##### EXERCISE DATA #####
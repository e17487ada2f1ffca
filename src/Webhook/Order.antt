-- ===== src/Webhook/Order.antt =====
-- The order in which a caller names the receivers of an event does not matter.
use go_service_template_rest.Base.{
  suc, ◌≡◌, refl, ap, ◌∙◌, true, false, List, [], ◌∷◌, Option, none, some, Bytes, length, arith,
}
use go_service_template_rest.Webhook.{Event, Library}
use go_service_template_rest.Webhook.Manifest.{EndpointManifest}
use go_service_template_rest.Webhook.Dispatcher.{leb_bytes, insert_sorted, sort, prepare}
use mathlib.Core.List.{Perm, Permᴰ}
use mathlib.Core.Logic.{∥∥₁_elim}
use native.Mathlib.Nat.{ℕ_set}

leb_bytes_total : (a b : Bytes) → leb_bytes a b ≡ false → leb_bytes b a ≡ true
unfolding leb_bytes
leb_bytes_total [] b h = cc
leb_bytes_total (c ∷ s) [] h = refl
leb_bytes_total (c ∷ s) (d ∷ t) h = ground (arith, leb_bytes_total s t)

leb_bytes_antisymm : (a b : Bytes) → leb_bytes a b ≡ true → leb_bytes b a ≡ true → a ≡ b
unfolding leb_bytes
leb_bytes_antisymm [] [] h k = refl
leb_bytes_antisymm [] (d ∷ t) h k = cc
leb_bytes_antisymm (c ∷ s) [] h k = cc
leb_bytes_antisymm (c ∷ s) (d ∷ t) h k = ground (arith, leb_bytes_antisymm s t)

leb_bytes_trans :
    (a b c : Bytes) → leb_bytes a b ≡ true → leb_bytes b c ≡ true → leb_bytes a c ≡ true
unfolding leb_bytes
leb_bytes_trans [] b c h k = refl
leb_bytes_trans (x ∷ s) [] c h k = cc
leb_bytes_trans (x ∷ s) (y ∷ t) [] h k = cc
leb_bytes_trans (x ∷ s) (y ∷ t) (z ∷ u) h k = ground (arith, leb_bytes_trans s t u)

insert_sorted_comm :
    (a b : Bytes) (l : List Bytes)
    → insert_sorted a (insert_sorted b l) ≡ insert_sorted b (insert_sorted a l)
unfolding insert_sorted
insert_sorted_comm a b [] = ground (arith, leb_bytes_total a b, leb_bytes_antisymm a b)
insert_sorted_comm a b (x ∷ l) = ground (
  arith,
  leb_bytes_total a b,
  leb_bytes_antisymm a b,
  leb_bytes_trans a b x,
  leb_bytes_trans b a x,
  insert_sorted_comm a b l,
)

sort-Permᴰ : {l m : List Bytes} → Permᴰ l m → sort l ≡ sort m
unfolding sort
sort-Permᴰ Permᴰ.nil = refl
sort-Permᴰ (Permᴰ.cons e p) = λ i. insert_sorted (e i) (sort-Permᴰ p i)
sort-Permᴰ (Permᴰ.swap {a = a} {b = b} {l = l} e f) =
    insert_sorted_comm a b (sort l) ∙ (λ i. insert_sorted (f i) (insert_sorted (e i) (sort l)))
sort-Permᴰ (Permᴰ.trans p q) = sort-Permᴰ p ∙ sort-Permᴰ q

length-Permᴰ : {l m : List Bytes} → Permᴰ l m → length l ≡ length m
length-Permᴰ Permᴰ.nil = refl
length-Permᴰ (Permᴰ.cons e p) = ap suc (length-Permᴰ p)
length-Permᴰ (Permᴰ.swap e f) = refl
length-Permᴰ (Permᴰ.trans p q) = length-Permᴰ p ∙ length-Permᴰ q

bytes_lists_set : IsSet (List Bytes)
bytes_lists_set = hlevel

pub sort-perm : {l m : List Bytes} → Perm l m → sort l ≡ sort m
sort-perm {l} {m} p = ∥∥₁_elim p (bytes_lists_set (sort l) (sort m)) sort-Permᴰ

length-perm : {l m : List Bytes} → Perm l m → length l ≡ length m
length-perm {l} {m} p = ∥∥₁_elim p (ℕ_set (length l) (length m)) length-Permᴰ

-- `Prepare` gives the same deliveries, or the same error, in whatever order the receivers are named:
-- the anchor of the event, the fingerprint and the delivery ids do not depend on it.
pub prepare-perm :
    (lib : Library) (manifest : Option EndpointManifest) (event : Event) (l m : List Bytes)
    → Perm l m
    → prepare lib manifest event l ≡ prepare lib manifest event m
unfolding prepare
prepare-perm lib none event l m p = refl
prepare-perm lib (some manifest) event l m p = rw (length-perm p, sort-perm p) refl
#####
▸ YOUR ASSIGNMENT
Identify every line above with the string "Core" in it. Copy those lines.

▸ EXERCISE RESPONSE
use mathlib.Core.List.{Perm, Permᴰ}
use mathlib.Core.Logic.{∥∥₁_elim}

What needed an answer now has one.